Mercedes has explained why it will continue to bring further upgrades to its 2023 Formula 1 car despite admitting it plans to press ahead with a concept change for next year.

After regressing to third last term upon the return to ground effect aerodynamics, Mercedes was quietly optimistic of returning back to title contention this season.

However, the team remains winless in 2023 and abandoned its ‘zeropod’ concept in the early stages of the year to revert to a more conventional bodywork solution in Monaco.

The German marque continues to insist its competitiveness has been hampered by the architecture of its launch-spec car, resulting in a scheduled switch of philosophy for next season to bridge the huge deficit to Red Bull.

But while any further updates to the W14 will not necessarily be transferred to next year, Mercedes Head of Strategy Rosie Wait insists that any new parts can still help improve the team’s development for 2024.

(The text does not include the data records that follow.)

-- ===== src/Inventory/Counted.antt =====
-- orders/services.py and payments/services.py: the sold places of an allocation count its live
-- general-admission tickets.
pub mod Sold
pub mod Voided
pub mod Written
pub mod Reversed
pub mod Placed
pub mod Delivered
use boxoffice.Common.{
  ℕ, zero, suc, ◌+◌, ◌≤◌, ◌<◌, ◌≡◌, refl, sym, subst, ◌∙◌, inl, inr, Bool, not, ◌&&◌, Option, some,
  List, [], ◌∷◌, ◌++◌, arith, ◌==◌, is_some, find_first, update_where, All, count_by,
}
use boxoffice.Common.Counting.{All-append}
use boxoffice.Db.{Db, GaAllocation, Order, Ticket, is_void}
use boxoffice.Orders.Availability.{get_allocation}

-- A live ticket of the performance without a seat.
abbrev pub is_ga_live : ℕ → Ticket → Bool
is_ga_live performance t =
    t.performance == performance && not (is_some t.seat) && not (is_void t.status)

-- The ticket's order, if it is in the table, is for the ticket's performance.
abbrev pub IsOf : List Order → Ticket → Type 0
IsOf orders t = All (λ (o : Order). t.order ≡ o.id → o.performance ≡ some t.performance) orders

pub record IsCounted (db : Db) : Type 0 where
  pub counted :
      (p : ℕ) (a : GaAllocation)
      → get_allocation db p ≡ some a
      → count_by (is_ga_live p) db.tickets ≤ a.sold
  pub placed : All (IsOf db.orders) db.tickets
  pub tickets_below : All (λ t. t.order < db.next_id) db.tickets
  pub orders_below : All (λ (o : Order). o.id < db.next_id) db.orders

-- What a write leaves alone that is not a sale.
pub record SameSales (db db' : Db) : Type 0 where
  pub allocations : db'.allocations ≡ db.allocations
  pub tickets : db'.tickets ≡ db.tickets
  pub orders : db'.orders ≡ db.orders
  pub next_id : db.next_id ≤ db'.next_id

pub weaken_tickets :
    (n m : ℕ) → n ≤ m → (ts : List Ticket) → All (λ t. t.order < n) ts → All (λ t. t.order < m) ts
weaken_tickets n m le [] a = tt
weaken_tickets n m le (t ∷ ts) a = (omega (arith, le, a.0), weaken_tickets n m le ts a.1)

pub weaken_orders :
    (n m : ℕ)
    → n ≤ m
    → (os : List Order) → All (λ (o : Order). o.id < n) os
    → All (λ (o : Order). o.id < m) os
weaken_orders n m le [] a = tt
weaken_orders n m le (o ∷ os) a = (omega (arith, le, a.0), weaken_orders n m le os a.1)

pub same-IsCounted : (db db' : Db) → SameSales db db' → IsCounted db → IsCounted db'
same-IsCounted db db' same c = record {
  counted = λ p a e. rw same.tickets (
      c.counted p a (
        subst (λ (l : List GaAllocation). find_first (λ a. a.performance == p) l ≡ some a)
          same.allocations e));
  placed = rw (same.tickets, same.orders) c.placed;
  tickets_below =
      rw same.tickets
        (weaken_tickets db.next_id db'.next_id same.next_id db.tickets c.tickets_below);
  orders_below =
      rw same.orders (weaken_orders db.next_id db'.next_id same.next_id db.orders c.orders_below);
}

IsOf-new :
    (orders : List Order) (order : Order) (ts : List Ticket)
    → All (λ t. t.order < order.id) ts
    → All (IsOf orders) ts
    → All (IsOf (orders ++ order ∷ [])) ts
IsOf-new orders order [] below a = tt
IsOf-new orders order (t ∷ ts) below a = (
  All-append (λ (o : Order). t.order ≡ o.id → o.performance ≡ some t.performance) orders
      (order ∷ []) a.0 (λ e. absurd (omega (arith, below.0, e)), tt),
  IsOf-new orders order ts below.1 a.1,
)

-- A new order takes the next pk, which no ticket names yet.
pub create-IsCounted :
    (db : Db) (order : Order)
    → order.id ≡ db.next_id
    → IsCounted db
    → IsCounted (record db { orders = db.orders ++ order ∷ []; next_id = db.next_id + 1 })
create-IsCounted db order e c = record {
  counted = c.counted;
  placed = IsOf-new db.orders order db.tickets (rw e c.tickets_below) c.placed;
  tickets_below =
      weaken_tickets db.next_id (db.next_id + 1) (omega arith) db.tickets c.tickets_below;
  orders_below =
      All-append (λ (o : Order). o.id < db.next_id + 1) db.orders (order ∷ [])
        (weaken_orders db.next_id (db.next_id + 1) (omega arith) db.orders c.orders_below)
        (omega (arith, e), tt);
}

-- Whatever order has the pk is for the performance.
abbrev pub Owned : Db → Order → ℕ → Type 0
Owned db order performance =
    All (λ (o : Order). order.id ≡ o.id → o.performance ≡ some performance) db.orders
    × (order.id < db.next_id)

Owned-old :
    (order : Order) (performance : ℕ) (os : List Order)
    → All (λ (o : Order). o.id < order.id) os
    → All (λ (o : Order). order.id ≡ o.id → o.performance ≡ some performance) os
Owned-old order performance [] a = tt
Owned-old order performance (o ∷ os) a =
    (λ e. absurd (omega (arith, a.0, e)), Owned-old order performance os a.1)

pub create-Owned :
    (db : Db) (order : Order) (performance : ℕ)
    → order.id ≡ db.next_id
    → order.performance ≡ some performance
    → IsCounted db
    → Owned
        (record db { orders = db.orders ++ order ∷ []; next_id = db.next_id + 1 })
        order
        performance
create-Owned db order performance e of_performance c = (
  All-append (λ (o : Order). order.id ≡ o.id → o.performance ≡ some performance) db.orders
      (order ∷ []) (Owned-old order performance db.orders (rw e c.orders_below))
      (λ _. of_performance, tt),
  omega (arith, e),
)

“Whilst we will have to use the winter to make more fundamental developments to W15, there are plenty of things we can do with the current car which will both make it faster and aid our learning and understanding to develop next year’s car,” she said on Mercedes’ Japanese Grand Prix review video.

“That’s what we’ve already been doing and will continue to do. So, the new parts we bring to the track do both; hopefully add performance and make the current car go faster, but they are all specifically targeted around areas where we need to further our understanding.

“The things we will learn from testing them this year will directly feed into the development of the W15. We also mustn’t lose sight of the fact that we are in a tight battle for P2 with Ferrari and that position in the championship is really important to all of us.

“So, we have upgrades in the pipeline and will continue to be bringing them to the car.”

Lewis Hamilton (GBR) Mercedes AMG F1 W14. 23.09.2023. Formula 1 World Championship, Rd 17, Japanese Grand Prix, Suzuka, Japan, Qualifying Day.

Hamilton rued throughout the Japanese GP weekend that Mercedes was struggling with rear downforce compared to its rivals.

The Briton was adamant that he is applying pressure on the engineers to take on board his feedback of the team’s current car – and Mercedes Trackside Engineering Director Andrew Shovlin confirmed it was remaining “open-minded” to both drivers’ requests.

“We’re certainly not clinging on to any concepts that we have had before,” Shovlin underlined. “We’re very open-minded.

“We’ve had a pretty chastening couple of years, and we are a team that’s working very hard to try and get back to the front.”